> Task goal
Check each line below for the word "tokens". How many have it? Answer with the number only.

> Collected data
-- ===== src/AccessGate/Serve/Admission.antt =====
-- Which requests reach the proxy.
use showroom_msp_chat_ui.Prelude.{
  ◌≤◌, ◌≡◌, ◌≢◌, ◌⊎◌, Bool, true, ◌&&◌, not, arith, ◌==◌, eq_iff, length, String, refl, sym, ◌∙◌,
  ◌↔◌, inl, inr, false, List, [], ◌∷◌, if◌then◌else◌, Bool-cases,
}
use showroom_msp_chat_ui.AccessGate.{Gate, token_header, ok}
use showroom_msp_chat_ui.AccessGate.Serve.{
  Request, origin_is_bad, is_unsafe, is_upgrade, allowed_auth_path, serve, Outcome, authorized,
  refuse, forward, only,
}
use showroom_msp_chat_ui.AccessGate.Header.{values, get}
use showroom_msp_chat_ui.Text.{clean, has_prefix}
use showroom_msp_chat_ui.AccessGate.Authorize.{World, Identity, authorize}

-- The checks of a request before its token is looked at, as the origin policy, the one WebSocket
-- route and the sign-in paths that the platform leaves open.
pub record IsAdmitted (g : Gate) (r : Request) : Type 0 where
  pub host : r.host ≡ g.host
  pub one_origin : length (values "Origin" r.header) ≤ 1
  pub origin : (get "Origin" r.header ≡ "") ⊎ (get "Origin" r.header ≡ g.config.public_url)
  pub unsafe_origin : is_unsafe r ≡ true → get "Origin" r.header ≢ ""
  pub upgrade_origin : is_upgrade r ≡ true → get "Origin" r.header ≢ ""
  pub upgrade_route : is_upgrade r ≡ true → clean r.path ≡ "/ws/socket.io"
  pub auth_route :
      has_prefix (clean r.path) "/api/v1/auths/" ≡ true → allowed_auth_path (clean r.path) ≡ true

abbrev is_admitted : Gate → Request → Bool
is_admitted g r =
    r.host == g.host
    && not (origin_is_bad g r)
    && not (is_upgrade r && not (clean r.path == "/ws/socket.io"))
    && not (has_prefix (clean r.path) "/api/v1/auths/" && not (allowed_auth_path (clean r.path)))

is_admitted_sound : (g : Gate) (r : Request) → is_admitted g r ≡ true → IsAdmitted g r
is_admitted_sound g r h =
    let origin = get "Origin" r.header in
    let e1 = eq_iff r.host g.host in
    let e2 = eq_iff origin "" in
    let e3 = eq_iff origin g.config.public_url in
    let e4 = eq_iff (clean r.path) "/ws/socket.io" in
    record {
      host = ground arith;
      one_origin = ground arith;
      origin = ground arith;
      unsafe_origin = ground arith;
      upgrade_origin = ground arith;
      upgrade_route = ground arith;
      auth_route = ground arith;
    }

is_admitted_complete : (g : Gate) (r : Request) → IsAdmitted g r → is_admitted g r ≡ true
is_admitted_complete g r a =
    let origin = get "Origin" r.header in
    let e2 = eq_iff origin "" in
    let e3 = eq_iff origin g.config.public_url in
    let e4 = eq_iff (clean r.path) "/ws/socket.io" in
    let host : r.host == g.host ≡ true = (eq_iff r.host g.host).1 a.host in
    let fine : origin_is_bad g r ≡ false =
      ground (arith, a.one_origin, a.origin, a.unsafe_origin, a.upgrade_origin) in
    let route : is_upgrade r && not (clean r.path == "/ws/socket.io") ≡ false =
      ground (arith, a.upgrade_route) in
    let auth : has_prefix (clean r.path) "/api/v1/auths/" && not (allowed_auth_path (clean r.path))
        ≡ false =
      ground (arith, a.auth_route) in
    rw (host, fine, route, auth)

-- Four checks in turn.
module _ (a b c d : Bool) (x y z u answer : Outcome) where
  checks_pass :
      a && not b && not c && not d ≡ true
      → (if not a then x else if b then y else if c then z else if d then u else answer) ≡ answer
  checks_pass h = ground arith

  checks_fail :
      a && not b && not c && not d ≡ false
      → (if not a then x else if b then y else if c then z else if d then u else answer)
        ≡ (if not a then x else if b then y else if c then z else u)
  checks_fail h = ground arith

serve_admitted :
    (g : Gate) (w : World) (r : Request)
    → is_admitted g r ≡ true
    → serve g w r ≡ authorized g w (only (values token_header r.header))
unfolding serve
serve_admitted g w r h = checks_pass _ _ _ _ _ _ _ _ _ h

-- The refusal of a request that is not admitted, which asks nothing of KCP or the clock.
refusal : Gate → Request → Outcome
refusal g r =
    if not (r.host == g.host)
    then refuse 400 "Invalid host"
    else if origin_is_bad g r
    then refuse 403 "Invalid origin"
    else if is_upgrade r && not (clean r.path == "/ws/socket.io")
    then refuse 403 "WebSocket route unavailable"
    else refuse 403 "Authentication managed by the platform"

serve_refused :
    (g : Gate) (w : World) (r : Request) → is_admitted g r ≡ false → serve g w r ≡ refusal g r
unfolding serve refusal
serve_refused g w r h = checks_fail _ _ _ _ _ _ _ _ _ h

authorized_iff :
    (g : Gate) (w : World) (tokens : List String) (i : Identity)
    → (authorized g w (only tokens) ≡ forward i)
      ↔ ((token : String) × (tokens ≡ token ∷ []) × (authorize g.config w token ≡ ok i))
authorized_iff g w [] i = ground arith
authorized_iff g w (token ∷ []) i = (λ h. (token, refl, ground arith), λ (t, e, a). ground arith)
authorized_iff g w (token ∷ other ∷ tokens) i = ground arith

refusal-ne-forward : (g : Gate) (r : Request) (i : Identity) → refusal g r ≢ forward i
unfolding refusal
refusal-ne-forward g r i = ground arith

-- A request is forwarded as `i` exactly when it is admitted and carries one token header whose token
-- is authorized as `i`.
pub serve_iff :
    (g : Gate) (w : World) (r : Request) (i : Identity)
    → (serve g w r ≡ forward i) ↔ (
        IsAdmitted g r
        × ((token : String) × (values token_header r.header ≡ token ∷ [])
            × (authorize g.config w token ≡ ok i)))
serve_iff g w r i = elim (Bool-cases (is_admitted g r)) [
  | inl h ↦ (
    λ s. (
      is_admitted_sound g r h,
      (authorized_iff g w (values token_header r.header) i).0 (sym (serve_admitted g w r h) ∙ s),
    ),
    λ (a, t). serve_admitted g w r h ∙ (authorized_iff g w (values token_header r.header) i).1 t,
  )
  | inr h ↦ (
    λ s. absurd (refusal-ne-forward g r i (sym (serve_refused g w r h) ∙ s)),
    λ (a, t). absurd (ground (arith, is_admitted_complete g r a)),
  )
]

-- A request that is not admitted gets the same answer, an error, whatever KCP and the clock say.
pub serve_not_admitted :
    (g : Gate) (w w' : World) (r : Request)
    → ¬ IsAdmitted g r
    → (serve g w r ≡ serve g w' r) × ((i : Identity) → serve g w r ≢ forward i)
serve_not_admitted g w w' r n =
    let no : is_admitted g r ≡ false =
      ground (arith, λ (h : is_admitted g r ≡ true). n (is_admitted_sound g r h)) in
    (
      serve_refused g w r no ∙ sym (serve_refused g w' r no),
      λ i s. refusal-ne-forward g r i (sym (serve_refused g w r no) ∙ s),
    )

> Problem solution
4